Start of Task material
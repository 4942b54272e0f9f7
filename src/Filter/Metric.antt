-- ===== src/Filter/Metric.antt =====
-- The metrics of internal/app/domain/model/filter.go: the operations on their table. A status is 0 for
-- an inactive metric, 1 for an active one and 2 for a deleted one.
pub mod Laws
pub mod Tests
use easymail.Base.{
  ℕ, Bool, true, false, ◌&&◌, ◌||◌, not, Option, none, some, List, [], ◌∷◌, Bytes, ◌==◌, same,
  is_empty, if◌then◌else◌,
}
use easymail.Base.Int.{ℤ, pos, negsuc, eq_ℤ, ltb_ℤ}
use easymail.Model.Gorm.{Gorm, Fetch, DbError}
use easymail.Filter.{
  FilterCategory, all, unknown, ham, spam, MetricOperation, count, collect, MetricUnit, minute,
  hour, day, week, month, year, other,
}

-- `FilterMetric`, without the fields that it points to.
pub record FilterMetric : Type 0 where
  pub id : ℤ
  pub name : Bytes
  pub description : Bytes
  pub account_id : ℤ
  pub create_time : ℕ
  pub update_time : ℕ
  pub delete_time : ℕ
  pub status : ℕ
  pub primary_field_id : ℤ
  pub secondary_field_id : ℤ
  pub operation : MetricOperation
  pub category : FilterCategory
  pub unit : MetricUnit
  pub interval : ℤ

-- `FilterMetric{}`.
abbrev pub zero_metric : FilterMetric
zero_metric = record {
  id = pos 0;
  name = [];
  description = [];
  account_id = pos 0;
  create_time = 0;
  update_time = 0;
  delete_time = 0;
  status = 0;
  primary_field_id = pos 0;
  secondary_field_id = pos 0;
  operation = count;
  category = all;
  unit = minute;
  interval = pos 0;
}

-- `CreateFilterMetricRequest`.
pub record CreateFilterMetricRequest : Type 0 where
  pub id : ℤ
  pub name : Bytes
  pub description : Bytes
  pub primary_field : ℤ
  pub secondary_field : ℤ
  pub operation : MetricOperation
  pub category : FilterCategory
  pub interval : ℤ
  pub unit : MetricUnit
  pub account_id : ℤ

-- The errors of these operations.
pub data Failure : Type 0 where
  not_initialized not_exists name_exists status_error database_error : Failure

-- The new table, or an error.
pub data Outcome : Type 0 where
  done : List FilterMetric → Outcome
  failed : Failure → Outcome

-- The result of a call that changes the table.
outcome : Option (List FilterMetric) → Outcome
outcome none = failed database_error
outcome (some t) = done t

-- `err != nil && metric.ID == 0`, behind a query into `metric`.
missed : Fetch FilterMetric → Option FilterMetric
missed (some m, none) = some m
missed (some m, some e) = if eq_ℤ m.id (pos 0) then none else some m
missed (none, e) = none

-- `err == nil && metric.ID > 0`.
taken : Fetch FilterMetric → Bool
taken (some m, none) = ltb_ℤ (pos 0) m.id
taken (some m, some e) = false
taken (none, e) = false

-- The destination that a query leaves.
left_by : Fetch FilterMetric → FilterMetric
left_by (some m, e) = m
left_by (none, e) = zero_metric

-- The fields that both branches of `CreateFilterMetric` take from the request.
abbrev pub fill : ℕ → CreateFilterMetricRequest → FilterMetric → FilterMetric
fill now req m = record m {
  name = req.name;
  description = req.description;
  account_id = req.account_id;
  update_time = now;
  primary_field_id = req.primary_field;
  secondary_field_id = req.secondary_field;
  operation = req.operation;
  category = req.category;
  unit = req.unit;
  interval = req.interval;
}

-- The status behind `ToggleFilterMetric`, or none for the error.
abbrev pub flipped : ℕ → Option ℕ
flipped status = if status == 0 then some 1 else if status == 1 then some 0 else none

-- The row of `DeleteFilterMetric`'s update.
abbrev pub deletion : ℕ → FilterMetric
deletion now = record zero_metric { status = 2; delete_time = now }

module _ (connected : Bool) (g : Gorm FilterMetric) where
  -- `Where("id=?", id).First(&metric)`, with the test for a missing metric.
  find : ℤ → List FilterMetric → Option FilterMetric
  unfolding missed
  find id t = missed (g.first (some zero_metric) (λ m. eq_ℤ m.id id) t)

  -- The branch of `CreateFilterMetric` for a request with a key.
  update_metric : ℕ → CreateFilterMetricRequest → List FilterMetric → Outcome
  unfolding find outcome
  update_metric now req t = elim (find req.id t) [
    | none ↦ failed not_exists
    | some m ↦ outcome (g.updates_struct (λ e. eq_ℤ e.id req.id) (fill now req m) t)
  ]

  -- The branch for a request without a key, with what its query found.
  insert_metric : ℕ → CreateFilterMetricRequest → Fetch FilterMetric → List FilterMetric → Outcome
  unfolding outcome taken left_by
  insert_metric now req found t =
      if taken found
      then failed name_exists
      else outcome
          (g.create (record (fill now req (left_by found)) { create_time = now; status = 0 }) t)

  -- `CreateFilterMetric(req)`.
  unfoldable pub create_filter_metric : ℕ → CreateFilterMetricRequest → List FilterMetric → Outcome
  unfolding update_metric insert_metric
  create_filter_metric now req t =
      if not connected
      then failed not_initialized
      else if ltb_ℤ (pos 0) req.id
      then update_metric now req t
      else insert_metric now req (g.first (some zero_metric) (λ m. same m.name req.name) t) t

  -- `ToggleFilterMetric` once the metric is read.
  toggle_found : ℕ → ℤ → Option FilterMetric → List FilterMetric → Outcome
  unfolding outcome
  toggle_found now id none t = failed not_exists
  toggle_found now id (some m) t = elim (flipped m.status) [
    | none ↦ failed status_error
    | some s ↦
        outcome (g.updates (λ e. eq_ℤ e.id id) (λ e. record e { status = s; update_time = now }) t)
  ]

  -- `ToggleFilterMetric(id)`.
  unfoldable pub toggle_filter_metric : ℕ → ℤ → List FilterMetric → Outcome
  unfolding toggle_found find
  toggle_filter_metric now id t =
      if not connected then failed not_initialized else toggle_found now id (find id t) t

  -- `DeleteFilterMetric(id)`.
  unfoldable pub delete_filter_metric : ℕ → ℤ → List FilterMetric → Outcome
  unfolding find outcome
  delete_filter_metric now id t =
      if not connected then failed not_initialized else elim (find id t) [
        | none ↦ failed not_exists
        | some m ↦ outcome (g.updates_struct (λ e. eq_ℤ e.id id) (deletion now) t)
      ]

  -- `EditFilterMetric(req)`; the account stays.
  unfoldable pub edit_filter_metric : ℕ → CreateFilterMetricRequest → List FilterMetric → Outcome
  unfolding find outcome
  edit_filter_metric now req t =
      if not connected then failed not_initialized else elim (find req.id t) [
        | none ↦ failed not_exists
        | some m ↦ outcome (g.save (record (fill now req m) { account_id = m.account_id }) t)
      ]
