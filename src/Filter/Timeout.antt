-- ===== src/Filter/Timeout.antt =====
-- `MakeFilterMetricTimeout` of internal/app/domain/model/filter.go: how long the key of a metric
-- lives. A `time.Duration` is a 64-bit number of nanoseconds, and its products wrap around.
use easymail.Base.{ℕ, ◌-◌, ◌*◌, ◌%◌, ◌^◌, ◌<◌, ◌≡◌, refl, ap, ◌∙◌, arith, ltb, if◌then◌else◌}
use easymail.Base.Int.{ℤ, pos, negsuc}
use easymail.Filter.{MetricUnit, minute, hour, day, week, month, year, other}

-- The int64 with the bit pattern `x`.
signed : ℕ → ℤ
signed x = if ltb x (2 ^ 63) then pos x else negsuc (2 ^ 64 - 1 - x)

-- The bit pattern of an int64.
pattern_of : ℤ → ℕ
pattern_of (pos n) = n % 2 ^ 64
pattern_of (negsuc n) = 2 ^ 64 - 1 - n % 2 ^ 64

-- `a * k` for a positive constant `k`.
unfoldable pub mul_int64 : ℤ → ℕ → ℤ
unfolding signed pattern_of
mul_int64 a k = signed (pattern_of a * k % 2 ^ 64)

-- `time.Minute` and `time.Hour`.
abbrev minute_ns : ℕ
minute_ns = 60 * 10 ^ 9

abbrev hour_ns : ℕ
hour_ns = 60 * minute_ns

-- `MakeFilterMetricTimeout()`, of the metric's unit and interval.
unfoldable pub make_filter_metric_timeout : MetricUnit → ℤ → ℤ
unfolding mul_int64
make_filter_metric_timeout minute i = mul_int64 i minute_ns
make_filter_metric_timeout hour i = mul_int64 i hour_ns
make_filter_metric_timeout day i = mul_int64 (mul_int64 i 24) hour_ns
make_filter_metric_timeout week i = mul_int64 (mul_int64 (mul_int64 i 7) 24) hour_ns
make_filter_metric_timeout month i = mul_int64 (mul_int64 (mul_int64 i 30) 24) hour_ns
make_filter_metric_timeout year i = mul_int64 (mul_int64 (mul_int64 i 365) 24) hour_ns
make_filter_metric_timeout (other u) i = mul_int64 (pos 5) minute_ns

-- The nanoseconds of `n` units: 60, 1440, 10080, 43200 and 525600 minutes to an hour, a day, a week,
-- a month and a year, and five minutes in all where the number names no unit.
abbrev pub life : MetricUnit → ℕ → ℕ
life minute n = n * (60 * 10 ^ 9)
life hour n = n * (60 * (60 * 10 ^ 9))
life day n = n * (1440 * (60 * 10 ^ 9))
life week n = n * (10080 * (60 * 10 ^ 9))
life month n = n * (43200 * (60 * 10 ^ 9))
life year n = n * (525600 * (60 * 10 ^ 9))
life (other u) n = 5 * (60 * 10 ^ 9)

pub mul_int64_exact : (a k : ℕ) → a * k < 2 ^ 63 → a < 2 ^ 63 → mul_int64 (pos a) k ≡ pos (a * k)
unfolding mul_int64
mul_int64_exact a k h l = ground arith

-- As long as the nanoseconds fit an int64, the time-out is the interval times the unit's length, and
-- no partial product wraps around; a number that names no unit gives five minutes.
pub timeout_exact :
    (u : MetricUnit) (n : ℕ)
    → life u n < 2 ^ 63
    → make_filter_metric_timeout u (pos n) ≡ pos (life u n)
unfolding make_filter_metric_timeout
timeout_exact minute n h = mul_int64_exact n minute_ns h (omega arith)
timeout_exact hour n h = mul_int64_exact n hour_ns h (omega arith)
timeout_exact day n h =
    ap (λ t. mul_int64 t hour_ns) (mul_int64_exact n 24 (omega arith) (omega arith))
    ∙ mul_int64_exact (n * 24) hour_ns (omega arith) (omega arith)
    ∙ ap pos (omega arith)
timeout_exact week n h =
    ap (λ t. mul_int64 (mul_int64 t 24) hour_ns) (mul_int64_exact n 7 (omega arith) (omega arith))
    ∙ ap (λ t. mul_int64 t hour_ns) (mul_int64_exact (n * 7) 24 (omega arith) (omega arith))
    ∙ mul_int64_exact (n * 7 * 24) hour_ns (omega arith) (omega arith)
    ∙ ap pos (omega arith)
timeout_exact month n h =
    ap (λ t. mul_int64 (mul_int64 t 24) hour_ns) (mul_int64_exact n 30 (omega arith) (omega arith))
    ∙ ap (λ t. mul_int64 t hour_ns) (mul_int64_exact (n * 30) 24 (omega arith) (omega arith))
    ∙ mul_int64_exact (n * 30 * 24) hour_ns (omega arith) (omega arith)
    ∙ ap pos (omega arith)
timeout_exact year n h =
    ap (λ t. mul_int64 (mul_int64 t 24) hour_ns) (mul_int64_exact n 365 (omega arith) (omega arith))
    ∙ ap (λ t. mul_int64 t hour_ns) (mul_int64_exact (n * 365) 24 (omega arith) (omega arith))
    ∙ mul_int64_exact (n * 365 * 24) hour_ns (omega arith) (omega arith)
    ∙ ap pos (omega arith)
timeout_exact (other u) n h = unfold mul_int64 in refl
End of Task material
**Goal of the exercise**
An exact copy of the lines above between the line holding "unfolding missed" and the line holding "unfolding toggle_found find", inclusive, is the whole answer.

**Exercise response**
  unfolding missed
  find id t = missed (g.first (some zero_metric) (λ m. eq_ℤ m.id id) t)

  -- The branch of `CreateFilterMetric` for a request with a key.
  update_metric : ℕ → CreateFilterMetricRequest → List FilterMetric → Outcome
  unfolding find outcome
  update_metric now req t = elim (find req.id t) [
    | none ↦ failed not_exists
    | some m ↦ outcome (g.updates_struct (λ e. eq_ℤ e.id req.id) (fill now req m) t)
  ]

  -- The branch for a request without a key, with what its query found.
  insert_metric : ℕ → CreateFilterMetricRequest → Fetch FilterMetric → List FilterMetric → Outcome
  unfolding outcome taken left_by
  insert_metric now req found t =
      if taken found
      then failed name_exists
      else outcome
          (g.create (record (fill now req (left_by found)) { create_time = now; status = 0 }) t)

  -- `CreateFilterMetric(req)`.
  unfoldable pub create_filter_metric : ℕ → CreateFilterMetricRequest → List FilterMetric → Outcome
  unfolding update_metric insert_metric
  create_filter_metric now req t =
      if not connected
      then failed not_initialized
      else if ltb_ℤ (pos 0) req.id
      then update_metric now req t
      else insert_metric now req (g.first (some zero_metric) (λ m. same m.name req.name) t) t

  -- `ToggleFilterMetric` once the metric is read.
  toggle_found : ℕ → ℤ → Option FilterMetric → List FilterMetric → Outcome
  unfolding outcome
  toggle_found now id none t = failed not_exists
  toggle_found now id (some m) t = elim (flipped m.status) [
    | none ↦ failed status_error
    | some s ↦
        outcome (g.updates (λ e. eq_ℤ e.id id) (λ e. record e { status = s; update_time = now }) t)
  ]

  -- `ToggleFilterMetric(id)`.
  unfoldable pub toggle_filter_metric : ℕ → ℤ → List FilterMetric → Outcome
  unfolding toggle_found find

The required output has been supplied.